> _Task directions_:
Gather up every line from the entries below that uses the word "Prelude".

Collection entries:
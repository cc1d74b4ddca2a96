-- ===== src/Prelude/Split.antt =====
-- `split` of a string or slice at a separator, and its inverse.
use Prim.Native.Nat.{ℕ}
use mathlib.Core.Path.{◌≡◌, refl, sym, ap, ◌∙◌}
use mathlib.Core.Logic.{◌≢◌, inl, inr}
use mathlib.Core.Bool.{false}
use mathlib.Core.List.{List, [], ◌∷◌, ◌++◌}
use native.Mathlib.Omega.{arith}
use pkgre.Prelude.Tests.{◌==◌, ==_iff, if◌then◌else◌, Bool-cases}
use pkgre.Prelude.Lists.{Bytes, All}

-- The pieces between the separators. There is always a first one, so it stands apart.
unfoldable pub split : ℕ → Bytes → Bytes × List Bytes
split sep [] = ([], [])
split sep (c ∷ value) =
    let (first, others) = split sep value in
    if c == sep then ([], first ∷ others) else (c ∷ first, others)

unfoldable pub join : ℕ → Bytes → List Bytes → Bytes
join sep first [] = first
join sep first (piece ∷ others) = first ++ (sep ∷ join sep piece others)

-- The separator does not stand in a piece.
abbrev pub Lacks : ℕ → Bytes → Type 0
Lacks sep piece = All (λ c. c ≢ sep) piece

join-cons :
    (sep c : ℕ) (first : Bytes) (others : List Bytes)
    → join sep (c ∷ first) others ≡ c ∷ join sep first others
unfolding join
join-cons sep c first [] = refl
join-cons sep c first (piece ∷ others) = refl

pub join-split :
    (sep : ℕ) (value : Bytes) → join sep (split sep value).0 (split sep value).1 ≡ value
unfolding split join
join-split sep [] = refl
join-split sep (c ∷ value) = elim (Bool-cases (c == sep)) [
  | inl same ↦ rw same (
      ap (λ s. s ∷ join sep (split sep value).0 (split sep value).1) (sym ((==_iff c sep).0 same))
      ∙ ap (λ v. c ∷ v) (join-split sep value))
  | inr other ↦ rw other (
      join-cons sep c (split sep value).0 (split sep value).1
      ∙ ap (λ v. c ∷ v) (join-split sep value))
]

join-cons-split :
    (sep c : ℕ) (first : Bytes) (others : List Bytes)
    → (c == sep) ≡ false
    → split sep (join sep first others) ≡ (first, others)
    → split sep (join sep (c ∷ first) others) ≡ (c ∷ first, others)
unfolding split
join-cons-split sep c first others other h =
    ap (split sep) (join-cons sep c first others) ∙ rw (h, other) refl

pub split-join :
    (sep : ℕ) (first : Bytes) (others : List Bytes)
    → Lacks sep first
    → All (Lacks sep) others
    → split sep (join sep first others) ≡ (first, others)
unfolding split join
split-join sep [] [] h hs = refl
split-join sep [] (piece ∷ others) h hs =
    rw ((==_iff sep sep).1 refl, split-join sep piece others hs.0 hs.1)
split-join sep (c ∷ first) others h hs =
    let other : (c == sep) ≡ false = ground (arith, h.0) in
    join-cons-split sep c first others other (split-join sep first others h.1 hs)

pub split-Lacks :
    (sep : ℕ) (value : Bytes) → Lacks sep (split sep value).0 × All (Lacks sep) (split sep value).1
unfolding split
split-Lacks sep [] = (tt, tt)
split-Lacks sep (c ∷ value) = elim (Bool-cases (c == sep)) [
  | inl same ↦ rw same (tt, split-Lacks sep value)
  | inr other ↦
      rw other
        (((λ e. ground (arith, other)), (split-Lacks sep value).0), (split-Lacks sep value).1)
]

> _Result for this task_:
-- ===== src/Prelude/Split.antt =====
use pkgre.Prelude.Tests.{◌==◌, ==_iff, if◌then◌else◌, Bool-cases}
use pkgre.Prelude.Lists.{Bytes, All}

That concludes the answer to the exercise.